EXERCISE DETAILS - Of all the entries below, retype only the lines from the one with "is_active_in tenant_id u" through the one with "password_hash = hash_password", exactly as they appear.

ENTRIES SUPPLIED -
-- ===== src/Saas.antt =====
-- The administration of a workspace: api/saas.py.
pub mod Models
pub mod Limits
pub mod Hierarchy
use mail_control.Base.{
  ℕ, ◌+◌, String, Bool, true, false, ◌&&◌, Option, none, some, List, [], ◌∷◌, ◌++◌, ◌==◌, same, leb,
  if◌then◌else◌, count_if, find_first, update_first, is_some, or_else, not,
}
use mail_control.Base.Exec.{
  Result, ok, err, Exec, pure, raise, gets, modify, raise_if, lift, ◌>>=◌, ◌>>◌,
}
use mail_control.Saas.Models.{Plan, TenantSubscription}
use mail_control.Identity.Models.{RoleName, admin, User, TextOps}
use mail_control.Identity.Roles.{
  HttpException, Principal, conflict, not_found, require_role, validate_managed_role,
  validate_managed_user,
}

-- The tables that the endpoints read and write; `next_id` stands for the UUID default.
pub record Workspace : Type 0 where
  pub users : List User
  pub plans : List Plan
  pub subscriptions : List TenantSubscription
  pub next_id : ℕ

pub record CreateWorkspaceUser : Type 0 where
  pub email : String
  pub display_name : String
  pub password : String
  pub role : RoleName

pub record UpdateWorkspaceUser : Type 0 where
  pub role : Option RoleName
  pub is_active : Option Bool

abbrev pub Endpoint : Type 0 → Type 0
Endpoint A = Exec HttpException Workspace A

plan_limit : List Plan → Option TenantSubscription → Option ℕ
plan_limit plans none = none
plan_limit plans (some sub) = elim (find_first (λ p. p.id == sub.plan_id) plans) [
  | none ↦ none
  | some p ↦ some p.max_users
]

-- SELECT plans.max_users JOIN tenant_subscriptions WHERE tenant_id
unfoldable pub max_users_of : Workspace → ℕ → Option ℕ
unfolding plan_limit
max_users_of w tenant_id =
    plan_limit w.plans (find_first (λ s. s.tenant_id == tenant_id) w.subscriptions)

abbrev pub is_active_in : ℕ → User → Bool
is_active_in tenant_id u = u.tenant_id == tenant_id && u.is_active

abbrev pub active_users : Workspace → ℕ → ℕ
active_users w tenant_id = count_if (is_active_in tenant_id) w.users

-- `limit is None or int(active_users or 0) >= limit`
abbrev limit_reached : Option ℕ → ℕ → Bool
limit_reached none n = true
limit_reached (some limit) n = leb limit n

abbrev pub has_email : ℕ → String → User → Bool
has_email tenant_id normalized u = u.tenant_id == tenant_id && same u.email_normalized normalized

abbrev pub is_user : ℕ → ℕ → User → Bool
is_user tenant_id user_id u = u.tenant_id == tenant_id && u.id == user_id

module _ (text : TextOps) (hash_password : String → String) where
  abbrev pub new_user : ℕ → CreateWorkspaceUser → ℕ → User
  new_user tenant_id form id = record {
    id = id;
    tenant_id = tenant_id;
    email = text.strip form.email;
    email_normalized = text.casefold (text.strip form.email);
    display_name = text.strip form.display_name;
    password_hash = hash_password form.password;
    role = form.role;
    is_active = true;
    is_platform_admin = false;
    last_login_at = none;
  }

  -- POST /v1/saas/users, after `Depends(require_role(ADMIN))`
  unfoldable pub create_user : Principal → CreateWorkspaceUser → Endpoint User
  unfolding max_users_of
  create_user principal form = do
    lift (require_role admin principal)
    let tenant_id = principal.claims.tenant_id
    lift (validate_managed_role principal form.role)
    limit ← gets (λ w. max_users_of w tenant_id)
    active ← gets (λ w. active_users w tenant_id)
    raise_if (limit_reached limit active) (conflict "plan user limit reached")
    let normalized = text.casefold (text.strip form.email)
    existing ← gets (λ w. find_first (has_email tenant_id normalized) w.users)
    raise_if (is_some existing) (conflict "email already exists")
    user ← gets (λ w. new_user tenant_id form w.next_id)
    modify (λ w. record w { users = w.users ++ user ∷ []; next_id = w.next_id + 1 })
    pure user

abbrev pub patched : UpdateWorkspaceUser → User → User
patched form u = record u {
  role = or_else form.role u.role;
  is_active = or_else form.is_active u.is_active;
}

or_not_found : Option User → Endpoint User
or_not_found none = raise (not_found "user not found")
or_not_found (some user) = pure user

validate_new_role : Principal → Option RoleName → Endpoint (Unit {0})
validate_new_role principal none = pure tt
validate_new_role principal (some role) = lift (validate_managed_role principal role)

abbrev is_false : Option Bool → Bool
is_false (some false) = true
is_false _ = false

-- PATCH /v1/saas/users/{user_id}, after `Depends(require_role(ADMIN))`
unfoldable pub update_user : ℕ → Principal → UpdateWorkspaceUser → Endpoint User
unfolding or_not_found validate_new_role
update_user user_id principal form = do
  lift (require_role admin principal)
  let tenant_id = principal.claims.tenant_id
  user ← gets (λ w. find_first (is_user tenant_id user_id) w.users)
  user ← or_not_found user
  lift (validate_managed_user principal user)
  raise_if (user.id == principal.user.id && is_false form.is_active)
      (conflict "cannot deactivate current user")
  validate_new_role principal form.role
  modify (λ w. record w { users = update_first (is_user tenant_id user_id) (patched form) w.users })
  pure (patched form user)
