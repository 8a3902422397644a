-- ===== src/Workspace/Rows.antt =====
-- The tables of backend/models/orm/access.py and the statements of `AccessRepository`
-- (backend/repositories/access_repo.py) on them. Every SELECT through the ORM leaves out the rows
-- that are softly deleted (`_apply_soft_delete_filter` of backend/models/orm/base.py); a role has no such mark.
use dewflow.Base.{
  ℕ, String, Bool, true, false, ◌&&◌, ◌||◌, not, Option, none, some, List, [], ◌∷◌, any, keep,
  length, ◌==◌, if◌then◌else◌, is_none, is_some, str_eq, update_where, find,
}

-- `WorkspaceRole`
pub data WorkspaceRole : Type 0 where
  owner admin member viewer : WorkspaceRole

pub record Workspace : Type 0 where
  pub id : ℕ
  pub name : String
  pub slug : String
  pub owner_id : Option ℕ
  pub deleted_at : Option ℕ

pub record UserWorkspaceRole : Type 0 where
  pub id : ℕ
  pub user_id : ℕ
  pub workspace_id : ℕ
  pub role : WorkspaceRole

pub record User : Type 0 where
  pub id : ℕ
  pub is_superuser : Bool

pub record AccessDb : Type 0 where
  pub workspaces : List Workspace
  pub roles : List UserWorkspaceRole
  pub users : List User

-- The codes of the application's exceptions here, and the database's own error.
pub data AppError : Type 0 where
  forbidden user_not_found workspace_not_found workspace_member_not_found : AppError
  workspace_member_already_exists workspace_owner_required last_workspace_owner : AppError
  workspace_slug_exists integrity_error : AppError

pub data Result (A : Type 0) : Type 0 where
  done : A → Result A
  raised : AppError → Result A

infixl 5 ◌>>=◌
abbrev pub ◌>>=◌ : {A B : Type 0} → Result A → (A → Result B) → Result B
done a >>= f = f a
raised e >>= f = raised e

abbrev pub is_owner : WorkspaceRole → Bool
is_owner owner = true
is_owner _ = false

abbrev pub workspace_key : Workspace → ℕ
workspace_key w = w.id

abbrev pub role_key : UserWorkspaceRole → ℕ
role_key r = r.id

abbrev pub user_key : User → ℕ
user_key u = u.id

-- `scalars().first()` of a condition
unfoldable pub first {ℓ} : {A : Type ℓ} → (A → Bool) → List A → Option A
first test [] = none
first test (x ∷ xs) = if test x then some x else first test xs

abbrev pub member_is : ℕ → ℕ → UserWorkspaceRole → Bool
member_is user_id workspace_id r = r.user_id == user_id && r.workspace_id == workspace_id

-- The unique constraint makes it the one row that `scalar_one_or_none` asks for.
unfoldable pub get_workspace_member : ℕ → ℕ → AccessDb → Option UserWorkspaceRole
get_workspace_member user_id workspace_id db = first (member_is user_id workspace_id) db.roles

abbrev pub role_of : Option UserWorkspaceRole → Option WorkspaceRole
role_of none = none
role_of (some r) = some r.role

unfoldable pub get_workspace_role : ℕ → ℕ → AccessDb → Option WorkspaceRole
unfolding get_workspace_member
get_workspace_role user_id workspace_id db = role_of (get_workspace_member user_id workspace_id db)

unfoldable pub get_workspace : ℕ → AccessDb → Option Workspace
get_workspace workspace_id db =
    first (λ w. w.id == workspace_id && is_none w.deleted_at) db.workspaces

unfoldable pub get_workspace_by_slug : String → AccessDb → Option Workspace
get_workspace_by_slug slug db =
    first (λ w. str_eq w.slug slug && is_none w.deleted_at) db.workspaces

unfoldable pub get_user : ℕ → AccessDb → Option User
get_user user_id db = find user_key user_id db.users

-- The partial unique index on the slugs and the primary key.
abbrev pub clashes : Workspace → Workspace → Bool
clashes new w = w.id == new.id || str_eq w.slug new.slug && is_none w.deleted_at

unfoldable pub create_workspace_row : Workspace → AccessDb → Result AccessDb
create_workspace_row new db =
    if any (clashes new) db.workspaces
    then raised integrity_error
    else done (record db { workspaces = new ∷ db.workspaces })

-- A field of `model_dump(exclude_unset=True)`: not set by the request, set to null, or to a text.
pub data Field : Type 0 where
  unset null : Field
  value : String → Field

pub record WorkspaceUpdate : Type 0 where
  pub name : Field
  pub slug : Field

abbrev pub is_null : Field → Bool
is_null null = true
is_null _ = false

abbrev pub assigned : Field → String → String
assigned (value b) a = b
assigned _ a = a

abbrev pub updated : WorkspaceUpdate → Workspace → Workspace
updated obj_in w = record w {
  name = assigned obj_in.name w.name;
  slug = assigned obj_in.slug w.slug;
}

abbrev pub slug_taken : Workspace → Workspace → Bool
slug_taken new w =
    not (w.id == new.id) && is_none new.deleted_at && is_none w.deleted_at && str_eq w.slug new.slug

-- Neither column may be null, and the index holds for the new slug.
unfoldable pub update_workspace_row : Workspace → WorkspaceUpdate → AccessDb → Result AccessDb
update_workspace_row w obj_in db =
    if is_null obj_in.name
      || is_null obj_in.slug
      || any (slug_taken (updated obj_in w)) db.workspaces
    then raised integrity_error
    else done
        (record db { workspaces = update_where (λ x. x.id == w.id) (updated obj_in) db.workspaces })

unfoldable pub soft_delete_workspace : ℕ → Workspace → AccessDb → AccessDb
soft_delete_workspace now w db = record db {
  workspaces =
      update_where (λ x. x.id == w.id) (λ x. record x { deleted_at = some now }) db.workspaces;
}

unfoldable pub add_workspace_role : UserWorkspaceRole → AccessDb → Result AccessDb
add_workspace_role new db =
    if is_some (find role_key new.id db.roles)
      || is_some (first (member_is new.user_id new.workspace_id) db.roles)
    then raised integrity_error
    else done (record db { roles = new ∷ db.roles })

abbrev pub with_role : WorkspaceRole → UserWorkspaceRole → UserWorkspaceRole
with_role role r = record r { role = role }

unfoldable pub update_workspace_role : UserWorkspaceRole → WorkspaceRole → AccessDb → AccessDb
update_workspace_role user_role role db = record db {
  roles = update_where (λ r. r.id == user_role.id) (with_role role) db.roles;
}

unfoldable pub remove_role : UserWorkspaceRole → AccessDb → AccessDb
remove_role user_role db = record db { roles = keep (λ r. not (r.id == user_role.id)) db.roles }

abbrev pub owns : ℕ → UserWorkspaceRole → Bool
owns workspace_id r = r.workspace_id == workspace_id && is_owner r.role

unfoldable pub count_workspace_owners : ℕ → AccessDb → ℕ
count_workspace_owners workspace_id db = length (keep (owns workspace_id) db.roles)
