-- ===== src/Workspace/Permissions.antt =====
-- What a role permits: `PermissionPolicy` (backend/config/permissions.py) and `PermissionService`
-- (backend/services/permission_service.py). The configured values are the fields of the policy.
use dewflow.Base.{ℕ, Bool, true, false, ◌&&◌, Option, none, some, List, any, ◌==◌, if◌then◌else◌}
use dewflow.Workspace.Rows.{
  WorkspaceRole, User, AccessDb, forbidden, Result, done, raised, get_workspace_role, get_user,
}

pub data Permission : Type 0 where
  workspace_read workspace_manage role_manage file_read file_write file_delete : Permission
  chat_read chat_write audit_read : Permission

pub data Default : Type 0 where
  allow deny : Default

pub record PermissionPolicy : Type 0 where
  -- `role_permissions.get(role, frozenset())`
  pub permissions_of : WorkspaceRole → List Permission
  pub superuser_bypass : Bool
  pub missing_workspace : Default
  pub missing_role : Default

abbrev allows : Default → Bool
allows allow = true
allows deny = false

abbrev number : Permission → ℕ
number workspace_read = 0
number workspace_manage = 1
number role_manage = 2
number file_read = 3
number file_write = 4
number file_delete = 5
number chat_read = 6
number chat_write = 7
number audit_read = 8

unfoldable pub policy_role_has_permission :
    PermissionPolicy → Option WorkspaceRole → Permission → Bool
policy_role_has_permission policy none permission = allows policy.missing_role
policy_role_has_permission policy (some role) permission =
    any (λ p. number p == number permission) (policy.permissions_of role)

unfoldable pub allows_missing_workspace : PermissionPolicy → Bool
allows_missing_workspace policy = allows policy.missing_workspace

-- `user.is_superuser and self.policy.superuser_bypass`
abbrev pub bypasses : PermissionPolicy → User → Bool
bypasses policy user = user.is_superuser && policy.superuser_bypass

abbrev permits : PermissionPolicy → User → Option ℕ → Permission → AccessDb → Bool
permits policy user none permission db = allows_missing_workspace policy
permits policy user (some workspace_id) permission db =
    policy_role_has_permission policy (get_workspace_role user.id workspace_id db) permission

unfoldable pub has_permission : PermissionPolicy → User → Option ℕ → Permission → AccessDb → Bool
has_permission policy user workspace_id permission db =
    if bypasses policy user then true else permits policy user workspace_id permission db

abbrev known_has_permission :
    PermissionPolicy → Option User → Option ℕ → Permission → AccessDb → Bool
known_has_permission policy none workspace_id permission db = false
known_has_permission policy (some user) workspace_id permission db =
    has_permission policy user workspace_id permission db

unfoldable pub has_permission_for_user_id :
    PermissionPolicy → ℕ → Option ℕ → Permission → AccessDb → Bool
has_permission_for_user_id policy user_id workspace_id permission db =
    known_has_permission policy (get_user user_id db) workspace_id permission db

unfoldable pub require_permission :
    PermissionPolicy → User → Option ℕ → Permission → AccessDb → Result Unit
require_permission policy user workspace_id permission db =
    if has_permission policy user workspace_id permission db then done tt else raised forbidden

abbrev require_in : PermissionPolicy → User → Option ℕ → AccessDb → Result Unit
require_in policy user none db = raised forbidden
require_in policy user (some workspace_id) db =
    require_permission policy user (some workspace_id) audit_read db

unfoldable pub ensure_audit_access : PermissionPolicy → User → Option ℕ → AccessDb → Result Unit
ensure_audit_access policy user workspace_id db =
    if bypasses policy user then done tt else require_in policy user workspace_id db
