-- ===== src/Workspace/Service.antt =====
-- `WorkspaceService` (backend/services/workspace_service.py). A call is the unit of work of its request:
-- it ends in its answer with the tables that are committed, or in an exception and changes nothing.
-- The ids and times that the code draws are arguments.
use dewflow.Base.{
  ℕ, leb, String, Bool, true, false, ◌&&◌, ◌||◌, not, Option, none, some, ◌==◌, if◌then◌else◌,
  str_eq, is_empty,
}
use dewflow.Workspace.Rows.{
  WorkspaceRole, owner, Workspace, UserWorkspaceRole, User, AccessDb, AppError, workspace_not_found,
  workspace_member_not_found, workspace_owner_required, last_workspace_owner, workspace_slug_exists,
  integrity_error, Result, done, raised, ◌>>=◌, is_owner, get_workspace_member, get_workspace_role,
  get_workspace, get_workspace_by_slug, create_workspace_row, Field, value, WorkspaceUpdate,
  updated, update_workspace_row, soft_delete_workspace, add_workspace_role, count_workspace_owners,
}
use dewflow.Workspace.Permissions.{
  PermissionPolicy, workspace_read, workspace_manage, role_manage, bypasses, require_permission,
}

-- `role == WorkspaceRole.OWNER` of a role that may be missing
abbrev pub is_owner_role : Option WorkspaceRole → Bool
is_owner_role none = false
is_owner_role (some role) = is_owner role

abbrev pub or_raise : {A : Type 0} → AppError → Option A → Result A
or_raise e none = raised e
or_raise e (some a) = done a

unfoldable pub get_workspace_or_404 : ℕ → AccessDb → Result Workspace
get_workspace_or_404 workspace_id db = or_raise workspace_not_found (get_workspace workspace_id db)

unfoldable pub get_member_or_404 : ℕ → ℕ → AccessDb → Result UserWorkspaceRole
get_member_or_404 user_id workspace_id db =
    or_raise workspace_member_not_found (get_workspace_member user_id workspace_id db)

abbrev is_other : Option ℕ → ℕ → Bool
is_other none id = true
is_other (some excluded) id = not (id == excluded)

abbrev available : Option ℕ → Option Workspace → Result Unit
available exclude none = done tt
available exclude (some existing) =
    if is_other exclude existing.id then raised workspace_slug_exists else done tt

unfoldable pub ensure_slug_available : String → Option ℕ → AccessDb → Result Unit
ensure_slug_available slug exclude_workspace_id db =
    available exclude_workspace_id (get_workspace_by_slug slug db)

unfoldable pub require_role_manage : PermissionPolicy → User → ℕ → AccessDb → Result Unit
require_role_manage policy current_user workspace_id db =
    require_permission policy current_user (some workspace_id) role_manage db

unfoldable pub ensure_owner_change_allowed :
    PermissionPolicy
    → User
    → ℕ
    → Option WorkspaceRole
    → Option WorkspaceRole
    → AccessDb
    → Result Unit
ensure_owner_change_allowed policy current_user workspace_id target_role existing_role db =
    if bypasses policy current_user
    then done tt
    else if not (is_owner_role target_role) && not (is_owner_role existing_role)
    then done tt
    else if is_owner_role (get_workspace_role current_user.id workspace_id db)
    then done tt
    else raised workspace_owner_required

unfoldable pub ensure_not_removing_last_owner :
    ℕ → WorkspaceRole → Option WorkspaceRole → AccessDb → Result Unit
ensure_not_removing_last_owner workspace_id current_role next_role db =
    if not (is_owner current_role) || is_owner_role next_role
    then done tt
    else if leb (count_workspace_owners workspace_id db) 1
    then raised last_workspace_owner
    else done tt

-- `except IntegrityError`
abbrev pub slug_error : {A : Type 0} → Result A → Result A
slug_error (done a) = done a
slug_error (raised integrity_error) = raised workspace_slug_exists
slug_error (raised e) = raised e

-- The ids of the new rows.
pub record NewIds : Type 0 where
  pub workspace_id : ℕ
  pub role_id : ℕ

abbrev pub new_workspace : NewIds → User → String → String → Workspace
new_workspace ids current_user name slug = record {
  id = ids.workspace_id;
  name = name;
  slug = slug;
  owner_id = some current_user.id;
  deleted_at = none;
}

abbrev pub owner_role : NewIds → User → UserWorkspaceRole
owner_role ids current_user = record {
  id = ids.role_id;
  user_id = current_user.id;
  workspace_id = ids.workspace_id;
  role = owner;
}

unfoldable pub create_workspace :
    NewIds → User → String → String → AccessDb → Result (Workspace × AccessDb)
create_workspace ids current_user name slug db = do
  checked ← ensure_slug_available slug none db
  after ← slug_error (do
    with_workspace ← create_workspace_row (new_workspace ids current_user name slug) db
    add_workspace_role (owner_role ids current_user) with_workspace)
  done (new_workspace ids current_user name slug, after)

unfoldable pub read_workspace :
    PermissionPolicy → User → ℕ → AccessDb → Result (Workspace × Option WorkspaceRole)
read_workspace policy current_user workspace_id db = do
  workspace ← get_workspace_or_404 workspace_id db
  checked ← require_permission policy current_user (some workspace_id) workspace_read db
  done (workspace, get_workspace_role current_user.id workspace_id db)

-- `if slug and slug != workspace.slug`
abbrev pub check_slug : Field → Workspace → AccessDb → Result Unit
check_slug (value slug) workspace db =
    if not (is_empty slug) && not (str_eq slug workspace.slug)
    then ensure_slug_available slug (some workspace.id) db
    else done tt
check_slug _ workspace db = done tt

unfoldable pub update_workspace :
    PermissionPolicy
    → User
    → ℕ
    → WorkspaceUpdate
    → AccessDb
    → Result ((Workspace × Option WorkspaceRole) × AccessDb)
update_workspace policy current_user workspace_id workspace_in db = do
  workspace ← get_workspace_or_404 workspace_id db
  checked ← require_permission policy current_user (some workspace_id) workspace_manage db
  free ← check_slug workspace_in.slug workspace db
  after ← slug_error (update_workspace_row workspace workspace_in db)
  done ((updated workspace_in workspace, get_workspace_role current_user.id workspace_id db), after)

unfoldable pub delete_workspace : PermissionPolicy → User → ℕ → ℕ → AccessDb → Result AccessDb
delete_workspace policy current_user workspace_id now db = do
  workspace ← get_workspace_or_404 workspace_id db
  if bypasses policy current_user
      then done (soft_delete_workspace now workspace db)
      else if not (is_owner_role (get_workspace_role current_user.id workspace_id db))
      then raised workspace_owner_required
      else done (soft_delete_workspace now workspace db)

SOLUTION FOR THIS EXERCISE -
is_active_in tenant_id u = u.tenant_id == tenant_id && u.is_active

abbrev pub active_users : Workspace → ℕ → ℕ
active_users w tenant_id = count_if (is_active_in tenant_id) w.users

-- `limit is None or int(active_users or 0) >= limit`
abbrev limit_reached : Option ℕ → ℕ → Bool
limit_reached none n = true
limit_reached (some limit) n = leb limit n

abbrev pub has_email : ℕ → String → User → Bool
has_email tenant_id normalized u = u.tenant_id == tenant_id && same u.email_normalized normalized

abbrev pub is_user : ℕ → ℕ → User → Bool
is_user tenant_id user_id u = u.tenant_id == tenant_id && u.id == user_id

module _ (text : TextOps) (hash_password : String → String) where
  abbrev pub new_user : ℕ → CreateWorkspaceUser → ℕ → User
  new_user tenant_id form id = record {
    id = id;
    tenant_id = tenant_id;
    email = text.strip form.email;
    email_normalized = text.casefold (text.strip form.email);
    display_name = text.strip form.display_name;
    password_hash = hash_password form.password;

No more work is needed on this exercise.